▶ **PROBLEM DETAILS**
Every line containing the string "failed" is to be copied from the records.

==== EXERCISE DATA ====

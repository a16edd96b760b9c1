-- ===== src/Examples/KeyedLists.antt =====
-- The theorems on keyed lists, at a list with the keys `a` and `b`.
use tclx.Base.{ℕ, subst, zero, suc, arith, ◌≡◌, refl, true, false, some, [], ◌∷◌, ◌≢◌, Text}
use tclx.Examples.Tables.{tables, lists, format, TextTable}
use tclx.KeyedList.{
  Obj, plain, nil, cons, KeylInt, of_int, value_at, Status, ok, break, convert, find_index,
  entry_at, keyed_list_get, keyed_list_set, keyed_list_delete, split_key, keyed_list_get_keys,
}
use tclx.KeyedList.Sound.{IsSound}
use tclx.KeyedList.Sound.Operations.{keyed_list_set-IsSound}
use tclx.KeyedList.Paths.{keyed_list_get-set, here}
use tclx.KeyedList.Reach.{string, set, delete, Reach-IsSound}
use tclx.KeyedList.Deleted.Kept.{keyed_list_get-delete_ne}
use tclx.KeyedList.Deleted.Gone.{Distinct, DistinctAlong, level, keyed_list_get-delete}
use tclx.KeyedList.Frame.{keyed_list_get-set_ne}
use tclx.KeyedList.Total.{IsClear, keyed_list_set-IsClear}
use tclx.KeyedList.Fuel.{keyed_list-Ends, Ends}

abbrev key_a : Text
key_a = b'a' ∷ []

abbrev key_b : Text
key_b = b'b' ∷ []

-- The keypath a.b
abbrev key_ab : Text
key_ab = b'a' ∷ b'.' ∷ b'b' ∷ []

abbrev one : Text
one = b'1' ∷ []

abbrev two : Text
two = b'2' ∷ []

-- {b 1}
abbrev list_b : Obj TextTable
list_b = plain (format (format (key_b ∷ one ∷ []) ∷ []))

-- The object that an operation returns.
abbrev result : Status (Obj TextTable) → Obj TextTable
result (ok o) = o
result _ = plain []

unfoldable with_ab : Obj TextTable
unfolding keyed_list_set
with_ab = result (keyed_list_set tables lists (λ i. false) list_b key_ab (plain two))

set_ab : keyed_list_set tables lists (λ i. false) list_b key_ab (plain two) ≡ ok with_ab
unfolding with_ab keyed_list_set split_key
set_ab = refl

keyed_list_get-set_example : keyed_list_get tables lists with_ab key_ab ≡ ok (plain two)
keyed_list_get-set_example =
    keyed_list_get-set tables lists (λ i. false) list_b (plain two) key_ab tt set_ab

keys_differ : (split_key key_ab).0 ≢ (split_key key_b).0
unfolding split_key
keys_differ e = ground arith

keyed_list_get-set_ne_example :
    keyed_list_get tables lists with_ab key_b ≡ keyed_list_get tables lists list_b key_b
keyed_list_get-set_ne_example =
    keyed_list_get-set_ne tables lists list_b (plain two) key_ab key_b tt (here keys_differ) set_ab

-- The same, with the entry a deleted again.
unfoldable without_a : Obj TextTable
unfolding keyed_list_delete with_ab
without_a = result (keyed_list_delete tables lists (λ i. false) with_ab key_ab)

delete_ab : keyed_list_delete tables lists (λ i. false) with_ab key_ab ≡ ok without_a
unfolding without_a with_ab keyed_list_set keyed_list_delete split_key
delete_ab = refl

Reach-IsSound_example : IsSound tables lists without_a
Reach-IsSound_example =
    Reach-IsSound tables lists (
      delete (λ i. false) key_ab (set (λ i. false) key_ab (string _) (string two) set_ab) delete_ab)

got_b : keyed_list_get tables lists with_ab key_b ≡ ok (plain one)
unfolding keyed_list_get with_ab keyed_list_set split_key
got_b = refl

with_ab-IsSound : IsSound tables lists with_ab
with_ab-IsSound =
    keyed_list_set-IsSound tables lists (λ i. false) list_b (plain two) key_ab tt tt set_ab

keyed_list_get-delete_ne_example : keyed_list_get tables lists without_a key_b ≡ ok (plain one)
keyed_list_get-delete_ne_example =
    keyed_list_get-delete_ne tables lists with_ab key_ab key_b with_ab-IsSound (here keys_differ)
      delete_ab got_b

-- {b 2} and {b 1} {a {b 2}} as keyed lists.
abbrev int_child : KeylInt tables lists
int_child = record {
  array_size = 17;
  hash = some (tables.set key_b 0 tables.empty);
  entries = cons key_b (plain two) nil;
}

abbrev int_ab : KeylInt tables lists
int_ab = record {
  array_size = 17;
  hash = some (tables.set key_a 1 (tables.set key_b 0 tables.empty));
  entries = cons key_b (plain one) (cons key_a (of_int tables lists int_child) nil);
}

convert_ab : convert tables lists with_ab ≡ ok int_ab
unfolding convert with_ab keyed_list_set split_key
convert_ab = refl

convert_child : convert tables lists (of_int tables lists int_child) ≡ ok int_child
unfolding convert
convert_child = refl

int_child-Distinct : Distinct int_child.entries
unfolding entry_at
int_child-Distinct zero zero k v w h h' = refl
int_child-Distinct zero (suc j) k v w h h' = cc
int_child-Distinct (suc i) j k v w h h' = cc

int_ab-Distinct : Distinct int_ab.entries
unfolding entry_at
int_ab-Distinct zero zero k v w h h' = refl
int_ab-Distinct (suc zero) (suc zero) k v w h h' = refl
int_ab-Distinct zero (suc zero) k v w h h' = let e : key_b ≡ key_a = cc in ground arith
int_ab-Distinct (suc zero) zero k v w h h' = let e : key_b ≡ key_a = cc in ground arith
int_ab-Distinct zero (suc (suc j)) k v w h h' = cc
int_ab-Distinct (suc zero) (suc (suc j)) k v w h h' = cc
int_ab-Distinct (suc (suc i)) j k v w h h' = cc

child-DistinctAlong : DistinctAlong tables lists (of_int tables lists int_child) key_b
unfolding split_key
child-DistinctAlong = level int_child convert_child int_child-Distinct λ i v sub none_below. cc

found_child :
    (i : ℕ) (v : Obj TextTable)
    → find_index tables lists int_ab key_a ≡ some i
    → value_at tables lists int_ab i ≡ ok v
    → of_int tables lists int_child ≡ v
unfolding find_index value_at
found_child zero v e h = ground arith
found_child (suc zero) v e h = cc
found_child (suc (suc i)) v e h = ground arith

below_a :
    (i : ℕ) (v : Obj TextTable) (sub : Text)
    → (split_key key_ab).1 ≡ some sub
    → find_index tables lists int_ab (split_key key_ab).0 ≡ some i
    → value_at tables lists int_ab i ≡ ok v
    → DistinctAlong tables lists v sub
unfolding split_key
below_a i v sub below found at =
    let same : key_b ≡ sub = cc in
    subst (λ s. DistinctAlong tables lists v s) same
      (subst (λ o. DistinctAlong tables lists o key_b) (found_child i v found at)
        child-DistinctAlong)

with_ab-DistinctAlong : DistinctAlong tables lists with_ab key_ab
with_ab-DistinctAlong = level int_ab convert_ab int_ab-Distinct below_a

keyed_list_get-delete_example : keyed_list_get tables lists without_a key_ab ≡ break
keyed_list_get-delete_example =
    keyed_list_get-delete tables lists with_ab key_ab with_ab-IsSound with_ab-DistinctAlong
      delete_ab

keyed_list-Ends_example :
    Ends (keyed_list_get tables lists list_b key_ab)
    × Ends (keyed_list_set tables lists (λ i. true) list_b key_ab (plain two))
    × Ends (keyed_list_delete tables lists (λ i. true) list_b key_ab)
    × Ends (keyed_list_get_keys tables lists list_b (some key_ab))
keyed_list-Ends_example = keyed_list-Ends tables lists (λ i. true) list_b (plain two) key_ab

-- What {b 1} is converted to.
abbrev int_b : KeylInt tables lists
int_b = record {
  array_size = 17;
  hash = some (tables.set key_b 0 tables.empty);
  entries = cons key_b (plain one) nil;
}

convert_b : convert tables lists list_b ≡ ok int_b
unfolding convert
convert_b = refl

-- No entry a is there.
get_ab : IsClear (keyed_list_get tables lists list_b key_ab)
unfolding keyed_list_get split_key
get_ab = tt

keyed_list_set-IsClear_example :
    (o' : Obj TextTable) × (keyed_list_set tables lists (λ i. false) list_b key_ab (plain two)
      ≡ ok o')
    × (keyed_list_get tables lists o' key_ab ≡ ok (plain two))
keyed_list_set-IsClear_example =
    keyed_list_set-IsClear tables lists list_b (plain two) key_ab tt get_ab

====
==== EXERCISE DATA ====

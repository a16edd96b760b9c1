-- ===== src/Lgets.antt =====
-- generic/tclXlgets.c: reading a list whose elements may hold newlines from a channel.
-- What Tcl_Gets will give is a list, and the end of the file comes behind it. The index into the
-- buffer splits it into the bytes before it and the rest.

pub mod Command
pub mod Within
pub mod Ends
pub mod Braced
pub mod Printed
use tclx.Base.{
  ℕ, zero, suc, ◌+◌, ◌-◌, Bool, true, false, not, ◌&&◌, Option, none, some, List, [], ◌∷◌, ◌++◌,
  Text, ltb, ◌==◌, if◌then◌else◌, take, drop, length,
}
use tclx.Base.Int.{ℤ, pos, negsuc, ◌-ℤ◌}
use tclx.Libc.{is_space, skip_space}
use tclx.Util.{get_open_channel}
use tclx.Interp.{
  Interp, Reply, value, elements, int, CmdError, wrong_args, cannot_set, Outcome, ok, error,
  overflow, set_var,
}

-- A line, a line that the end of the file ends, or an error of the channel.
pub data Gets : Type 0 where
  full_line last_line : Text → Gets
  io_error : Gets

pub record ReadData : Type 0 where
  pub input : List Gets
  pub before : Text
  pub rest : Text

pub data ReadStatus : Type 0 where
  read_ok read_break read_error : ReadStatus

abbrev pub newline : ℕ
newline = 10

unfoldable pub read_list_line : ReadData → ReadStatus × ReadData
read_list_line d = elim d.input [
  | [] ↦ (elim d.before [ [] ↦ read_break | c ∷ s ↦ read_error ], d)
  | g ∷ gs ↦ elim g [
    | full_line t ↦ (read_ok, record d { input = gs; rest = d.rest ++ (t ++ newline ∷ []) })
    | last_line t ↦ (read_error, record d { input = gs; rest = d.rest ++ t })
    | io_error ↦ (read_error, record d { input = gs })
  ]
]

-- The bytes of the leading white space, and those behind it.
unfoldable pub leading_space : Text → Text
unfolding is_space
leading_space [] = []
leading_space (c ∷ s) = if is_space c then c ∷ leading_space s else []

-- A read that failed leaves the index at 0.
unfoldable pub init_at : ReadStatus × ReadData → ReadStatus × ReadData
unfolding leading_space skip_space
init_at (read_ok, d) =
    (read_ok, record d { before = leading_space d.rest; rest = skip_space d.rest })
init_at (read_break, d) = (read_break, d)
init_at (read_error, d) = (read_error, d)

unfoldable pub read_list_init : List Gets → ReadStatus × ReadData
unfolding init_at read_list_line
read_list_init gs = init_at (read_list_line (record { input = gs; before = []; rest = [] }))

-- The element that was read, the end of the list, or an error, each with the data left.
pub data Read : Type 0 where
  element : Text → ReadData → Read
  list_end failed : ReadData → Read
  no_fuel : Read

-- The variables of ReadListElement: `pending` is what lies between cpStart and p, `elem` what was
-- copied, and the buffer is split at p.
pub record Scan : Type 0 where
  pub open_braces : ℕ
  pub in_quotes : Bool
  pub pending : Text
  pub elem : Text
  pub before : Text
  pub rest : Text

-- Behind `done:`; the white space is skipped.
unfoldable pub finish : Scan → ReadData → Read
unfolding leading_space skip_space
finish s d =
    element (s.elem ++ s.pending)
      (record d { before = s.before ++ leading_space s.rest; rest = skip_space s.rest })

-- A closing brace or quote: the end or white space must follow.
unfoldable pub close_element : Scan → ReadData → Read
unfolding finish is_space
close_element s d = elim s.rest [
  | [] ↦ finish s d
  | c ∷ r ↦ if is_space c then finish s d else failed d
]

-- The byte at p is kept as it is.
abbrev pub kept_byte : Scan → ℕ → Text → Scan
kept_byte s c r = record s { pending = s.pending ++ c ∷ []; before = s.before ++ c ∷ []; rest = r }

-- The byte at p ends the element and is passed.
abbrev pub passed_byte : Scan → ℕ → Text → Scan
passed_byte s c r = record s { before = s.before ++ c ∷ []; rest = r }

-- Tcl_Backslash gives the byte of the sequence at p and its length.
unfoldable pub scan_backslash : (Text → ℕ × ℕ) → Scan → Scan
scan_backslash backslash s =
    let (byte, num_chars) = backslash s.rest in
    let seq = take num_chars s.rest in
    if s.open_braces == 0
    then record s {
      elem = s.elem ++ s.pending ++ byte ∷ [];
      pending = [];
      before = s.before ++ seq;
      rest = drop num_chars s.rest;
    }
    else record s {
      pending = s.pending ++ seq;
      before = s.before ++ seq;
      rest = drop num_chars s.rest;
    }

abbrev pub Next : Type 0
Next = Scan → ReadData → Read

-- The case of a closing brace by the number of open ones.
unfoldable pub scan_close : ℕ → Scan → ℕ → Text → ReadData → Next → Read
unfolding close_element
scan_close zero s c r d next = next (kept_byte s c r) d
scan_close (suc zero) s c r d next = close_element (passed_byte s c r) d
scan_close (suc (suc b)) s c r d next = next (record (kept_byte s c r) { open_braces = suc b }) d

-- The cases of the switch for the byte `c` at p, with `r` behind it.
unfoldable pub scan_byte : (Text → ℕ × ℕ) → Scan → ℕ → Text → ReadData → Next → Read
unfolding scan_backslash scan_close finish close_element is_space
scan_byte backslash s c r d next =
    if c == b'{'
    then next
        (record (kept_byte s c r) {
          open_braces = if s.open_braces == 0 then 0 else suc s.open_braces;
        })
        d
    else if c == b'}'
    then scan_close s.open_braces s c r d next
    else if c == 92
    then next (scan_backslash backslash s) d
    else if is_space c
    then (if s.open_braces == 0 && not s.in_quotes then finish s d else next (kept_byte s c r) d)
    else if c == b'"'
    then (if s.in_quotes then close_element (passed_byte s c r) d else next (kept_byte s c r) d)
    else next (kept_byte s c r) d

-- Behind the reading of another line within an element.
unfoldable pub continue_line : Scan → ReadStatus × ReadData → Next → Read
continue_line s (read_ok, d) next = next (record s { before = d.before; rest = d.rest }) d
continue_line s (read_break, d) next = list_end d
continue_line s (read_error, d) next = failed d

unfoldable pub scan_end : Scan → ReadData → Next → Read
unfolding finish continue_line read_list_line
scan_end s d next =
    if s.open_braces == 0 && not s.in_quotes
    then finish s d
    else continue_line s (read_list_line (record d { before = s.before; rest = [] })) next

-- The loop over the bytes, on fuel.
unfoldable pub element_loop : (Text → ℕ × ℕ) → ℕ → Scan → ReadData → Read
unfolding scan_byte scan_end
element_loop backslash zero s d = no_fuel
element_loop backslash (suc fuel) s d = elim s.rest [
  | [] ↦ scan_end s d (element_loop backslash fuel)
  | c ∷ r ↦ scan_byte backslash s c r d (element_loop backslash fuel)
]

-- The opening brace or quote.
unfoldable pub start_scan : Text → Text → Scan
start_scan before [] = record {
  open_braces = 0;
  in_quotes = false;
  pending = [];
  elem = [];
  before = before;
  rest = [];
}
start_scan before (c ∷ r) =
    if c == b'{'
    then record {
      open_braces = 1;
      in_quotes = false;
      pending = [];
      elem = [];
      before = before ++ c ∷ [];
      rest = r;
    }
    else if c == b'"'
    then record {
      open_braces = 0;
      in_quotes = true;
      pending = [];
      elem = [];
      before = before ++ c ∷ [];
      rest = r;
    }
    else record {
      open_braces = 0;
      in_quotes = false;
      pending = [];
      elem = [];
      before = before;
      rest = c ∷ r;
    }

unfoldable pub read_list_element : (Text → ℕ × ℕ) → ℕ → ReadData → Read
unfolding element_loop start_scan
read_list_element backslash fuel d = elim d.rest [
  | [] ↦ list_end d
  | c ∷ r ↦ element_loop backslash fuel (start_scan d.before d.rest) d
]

====

▶ **RESULT OF THE TASK**
-- A read that failed leaves the index at 0.
  list_end failed : ReadData → Read
  | c ∷ r ↦ if is_space c then finish s d else failed d
continue_line s (read_error, d) next = failed d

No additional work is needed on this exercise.